General comments and questions
1. The authors convincingly make an argument for implicit time integration. The forward Euler time stepping used in this work is indeed at a disadvantage if fixed time steps are used. However, it is not clear to me how higher order explicit time integration methods such as schemes from the explicit Runge-Kutta family (RK) would perform in comparison to the implicit one. If I understood correctly, some of the numerical issues mentioned in the manuscript might also be addressed by (adaptive) multistep schemes of this type. The advantage of RK-type schemes in this context is that the number of computations per time step is known a priori. In contrast, the Newton-Raphson iterative solver may require any number of steps until convergence. High order RK schemes, for example the standard RK45 or the adaptive RK-Fehlberg method, could also potentially benefit from the adjoint method presented in this paper to avoid excessive memory usage. Perhaps the authors can comment on this.
2. The authors mention that the Newton-Raphson solver introduces some overhead to the computation. On average, in the results shown in this paper, how many iteration steps were necessary for the solver to converge?
Minor comments
1. P.2, L.70: "graphical processing units" should be "graphics processing units"
2. P.3, LL.105ff.: Does "elliptic operator" in this context correspond to the Laplacian? If so, some of the examples might require some annotation. The Saint-Venant equation only contains Laplacian operators if molecular/turbulent diffusion is accounted for. Many forms of the Saint-Venant equation omit these terms, for example (García-Navarro et al., 2019, doi:10.1007/s10652-018-09657-7; LeVeque et al., 2011, doi:10.1017/S0962492911000043).
3. P.3, LL.105ff. (continued) When I looked at the paper by Aboelyazeed et al. (2023) (cited by the authors), I couldn't see Laplacians in the Farquhar model equations.
4. P6, L.209: "The same forcings ... was used" should be "The same forcings ... were used"
5. P.12, L.335: Should it be Eq. (28) instead of Eq. (27)? May be I am misunderstanding something.

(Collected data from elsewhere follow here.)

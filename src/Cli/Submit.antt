-- ===== src/Cli/Submit.antt =====
-- `submitJob` of cmd/executr/main.go up to the submission that it sends. The flags are read, and
-- `calculate` is calculateSHA256FromURL, `none` where it fails.
use executr.Prelude.{
  pos, ◌==◌, Bool, false, not, ◌||◌, Option, none, some, List, [], ◌∷◌, str_eq, is_empty, keep,
  if◌then◌else◌,
}
use Prim.Native.String.{String}
use Prim.Native.Char.{Char, code}
use executr.Models.{EnvMap, JobSubmission}

pub record Flags : Type 0 where
  pub job_type : String
  pub binary_url : String
  pub binary_sha256 : String
  pub priority : String
  pub args : List String
  pub env : List String

pub data Refusal : Type 0 where
  spaced_type invalid_priority invalid_env no_sha256 : Refusal

pub data Submitted : Type 0 where
  sent : JobSubmission → Submitted
  refused : Refusal → Submitted

-- strings.Contains(s, " ").
abbrev pub has_space : String → Bool
has_space String.[] = false
has_space (String.◌∷◌ c s) = code c == 32 || has_space s

abbrev pub known_priority : String → Bool
known_priority p = str_eq p "foreground" || (str_eq p "background" || str_eq p "best_effort")

-- strings.SplitN(env, "=", 2), where it gives two parts.
abbrev pub behind : Char → Option (String × String) → Option (String × String)
behind c none = none
behind c (some (k, v)) = some (String.◌∷◌ c k, v)

unfoldable pub split_env : String → Option (String × String)
split_env String.[] = none
split_env (String.◌∷◌ c s) =
    let rest = behind c (split_env s) in if code c == 61 then some ("", s) else rest

-- `envVars[key] = value`.
abbrev pub assign : String → String → EnvMap → EnvMap
assign key value m = (key, value) ∷ keep (λ e. not (str_eq e.0 key)) m

-- One variable of the loop.
abbrev pub assign_part : Option (String × String) → EnvMap → Option EnvMap
assign_part none m = none
assign_part (some (k, v)) m = some (assign k v m)

unfoldable pub parse_env : List String → Option EnvMap → Option EnvMap
parse_env es none = none
parse_env [] (some m) = some m
parse_env (e ∷ es) (some m) = parse_env es (assign_part (split_env e) m)

abbrev pub submission : Flags → EnvMap → String → JobSubmission
submission f env sha = record {
  job_type = f.job_type;
  binary_url = f.binary_url;
  binary_sha256 = sha;
  arguments = f.args;
  env_variables = env;
  priority = f.priority;
  max_retries = pos 0;
}

abbrev pub with_sha : Flags → EnvMap → Option String → Submitted
with_sha f env none = refused no_sha256
with_sha f env (some sha) = sent (submission f env sha)

module _ (calculate : String → Option String) where
  abbrev pub with_env : Flags → Option EnvMap → Submitted
  with_env f none = refused invalid_env
  with_env f (some env) =
      with_sha f env
        (if is_empty f.binary_sha256 then calculate f.binary_url else some f.binary_sha256)

  unfoldable pub submit_job : Flags → Submitted
  submit_job f =
      if has_space f.job_type
      then refused spaced_type
      else if not (known_priority f.priority)
      then refused invalid_priority
      else with_env f (parse_env f.env (some []))
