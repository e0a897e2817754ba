-- ===== src/Cli/Inspect.antt =====
-- The commands of cmd/executr/main.go that call the server: `submit` with the download that computes
-- a missing hash, `status` and `cancel`, and the table that `status` prints. tabwriter, encoding/json
-- and the texts of times and numbers are left out: the cells of the table are the values.
use executr.Prelude.{
  Bytes, ℕ, ◌==◌, ℤ, Bool, true, false, Option, none, some, List, [], ◌∷◌, ◌++◌, String, is_empty,
  if◌then◌else◌,
}
use executr.Models
use executr.Models.{UuidNumber, Instant, Status, Priority, EnvMap, priority_text, status_text}
use executr.Store.Row.{Tables, Context}
use executr.Server.Routing.{Codec}
use executr.Client.Calls.{
  Call, submit_job, get_job, cancel_job, Encoder, Decoder, Outcome, got, done,
}
use executr.Client.Sending
use executr.Client.Sending.{Sent, answered, send_from}
use executr.Utils.Http.{new_retryable_http_client}
use executr.Cli.Submit
use executr.Cli.Submit.{Flags, Submitted, sent, refused, Refusal}

-- What `http.Get` gives, without retries: no response, or a status and a body of which `none` breaks
-- off.
pub data Got : Type 0 where
  no_response : Got
  response : ℕ → Option Bytes → Got

abbrev pub hashed : (Bytes → String) → Option Bytes → Option String
hashed hash none = none
hashed hash (some b) = some (hash b)

unfoldable pub calculate_sha256_from_url : (Bytes → String) → Got → Option String
calculate_sha256_from_url hash no_response = none
calculate_sha256_from_url hash (response status body) =
    if status == 200 then hashed hash body else none

pub data Cell : Type 0 where
  id : UuidNumber → Cell
  text : String → Cell
  joined : List String → Cell
  time : Instant → Cell
  number : ℤ → Cell

-- `heading` is a line without a value, `variable` one of the environment, and `section` an output.
pub data Line : Type 0 where
  field : String → Cell → Line
  heading : String → Line
  variable : String → String → Line
  section : String → String → Line

abbrev pub variables : EnvMap → List Line
variables [] = []
variables ((k, v) ∷ m) = variable k v ∷ variables m

abbrev pub arguments_line : List String → List Line
arguments_line [] = []
arguments_line (a ∷ rest) = field "Arguments" (joined (a ∷ rest)) ∷ []

abbrev pub environment_lines : EnvMap → List Line
environment_lines [] = []
environment_lines (e ∷ m) = heading "Environment" ∷ variables (e ∷ m)

abbrev pub text_line : String → String → List Line
text_line label s = if is_empty s then [] else field label (text s) ∷ []

abbrev pub time_line : String → Option Instant → List Line
time_line label none = []
time_line label (some i) = field label (time i) ∷ []

abbrev pub code_line : Option ℤ → List Line
code_line none = []
code_line (some n) = field "Exit Code" (number n) ∷ []

abbrev pub section_line : String → String → List Line
section_line title s = if is_empty s then [] else section title s ∷ []

abbrev pub has_output : Status → Bool
has_output Models.completed = true
has_output Models.failed = true
has_output _ = false

abbrev pub output_lines : Models.Job → List Line
output_lines j =
    if has_output j.status
    then section_line "=== STDOUT ===" j.stdout ++ section_line "=== STDERR ===" j.stderr
    else []

unfoldable pub print_job_table : Models.Job → List Line
print_job_table j =
    field "Job ID" (id j.id)
    ∷ field "Type" (text j.job_type)
    ∷ field "Status" (text (status_text j.status))
    ∷ field "Priority" (text (priority_text j.priority))
    ∷ field "Binary URL" (text j.binary_url)
    ∷ field "Binary SHA256" (text j.binary_sha256)
    ∷ (arguments_line j.arguments
        ++ (environment_lines j.env_variables
            ++ (text_line "Executor ID" j.executor_id
                ++ (field "Created At" (time j.created_at)
                    ∷ (time_line "Started At" j.started_at
                        ++ (time_line "Completed At" j.completed_at
                            ++ (time_line "Last Heartbeat" j.last_heartbeat
                                ++ (text_line "Error" j.error_message
                                    ++ (code_line j.exit_code ++ output_lines j)))))))))

-- How a command ends.
pub data Ended : Type 0 where
  submitted : UuidNumber → Ended
  shown : List Line → Ended
  cancelled : UuidNumber → Ended
  not_submitted : Refusal → Ended
  no_job_id invalid_job_id : Ended
  call_failed : Outcome → Ended
  request_failed : Ended

abbrev pub called : (Outcome → Ended) → Tables × Sent → Tables × Ended
called finish (t, answered o) = (t, finish o)
called finish (t, Sending.request_failed) = (t, request_failed)

abbrev pub after_submit : Outcome → Ended
after_submit (got j) = submitted j.id
after_submit o = call_failed o

abbrev pub after_status : Outcome → Ended
after_status (got j) = shown (print_job_table j)
after_status o = call_failed o

abbrev pub after_cancel : UuidNumber → Outcome → Ended
after_cancel i done = cancelled i
after_cancel i o = call_failed o

-- The commands are given the contexts of the attempts of their call, and when the context of the
-- program ends; `NewClient` retries three times.
module _ (codec : Codec) (encoder : Encoder) (decoder : Decoder) where
  abbrev pub send_call : Call → (ℕ → Context × Context) → (ℕ → Bool) → Tables → Tables × Sent
  send_call call cs ends t =
      send_from call cs ends codec encoder decoder new_retryable_http_client.max_retries 0 t

  abbrev pub send : Submitted → (ℕ → Context × Context) → (ℕ → Bool) → Tables → Tables × Ended
  send (refused why) cs ends t = (t, not_submitted why)
  send (sent s) cs ends t = called after_submit (send_call (submit_job s) cs ends t)

  unfoldable pub submit_command :
      (Bytes → String)
      → (String → Got)
      → Flags
      → (ℕ → Context × Context)
      → (ℕ → Bool)
      → Tables
      → Tables × Ended
  submit_command hash download f cs ends t =
      send (Submit.submit_job (λ url. calculate_sha256_from_url hash (download url)) f) cs ends t

  abbrev pub with_job_id :
      (UuidNumber → Call)
      → (UuidNumber → Outcome → Ended)
      → Option UuidNumber
      → (ℕ → Context × Context)
      → (ℕ → Bool)
      → Tables
      → Tables × Ended
  with_job_id call finish none cs ends t = (t, invalid_job_id)
  with_job_id call finish (some i) cs ends t = called (finish i) (send_call (call i) cs ends t)

  -- The arguments of the command line.
  unfoldable pub status_command :
      List Bytes → (ℕ → Context × Context) → (ℕ → Bool) → Tables → Tables × Ended
  status_command [] cs ends t = (t, no_job_id)
  status_command (a ∷ rest) cs ends t =
      with_job_id get_job (λ i. after_status) (codec.parse_uuid a) cs ends t

  unfoldable pub cancel_command :
      List Bytes → (ℕ → Context × Context) → (ℕ → Bool) → Tables → Tables × Ended
  cancel_command [] cs ends t = (t, no_job_id)
  cancel_command (a ∷ rest) cs ends t =
      with_job_id cancel_job after_cancel (codec.parse_uuid a) cs ends t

6. P.14, L.398: The authors state that the mass balance preservation of the adjoint-driven NN-HBV model might be the reason behind the improved model performance. I don't understand why the mass conservation should significantly differ from the explicit sequential NN-HBV model if the hydrological process representation remains untouched. Is this related to the use of thresholds to avoid negative storages? Can the authors elaborate a bit more?
7. P.24, L.580: The additional computational cost introduced by the implicit solver is quite substantial (18 h vs. 133 h), suggesting either poor convergence or large communication overhead in the implicit scheme.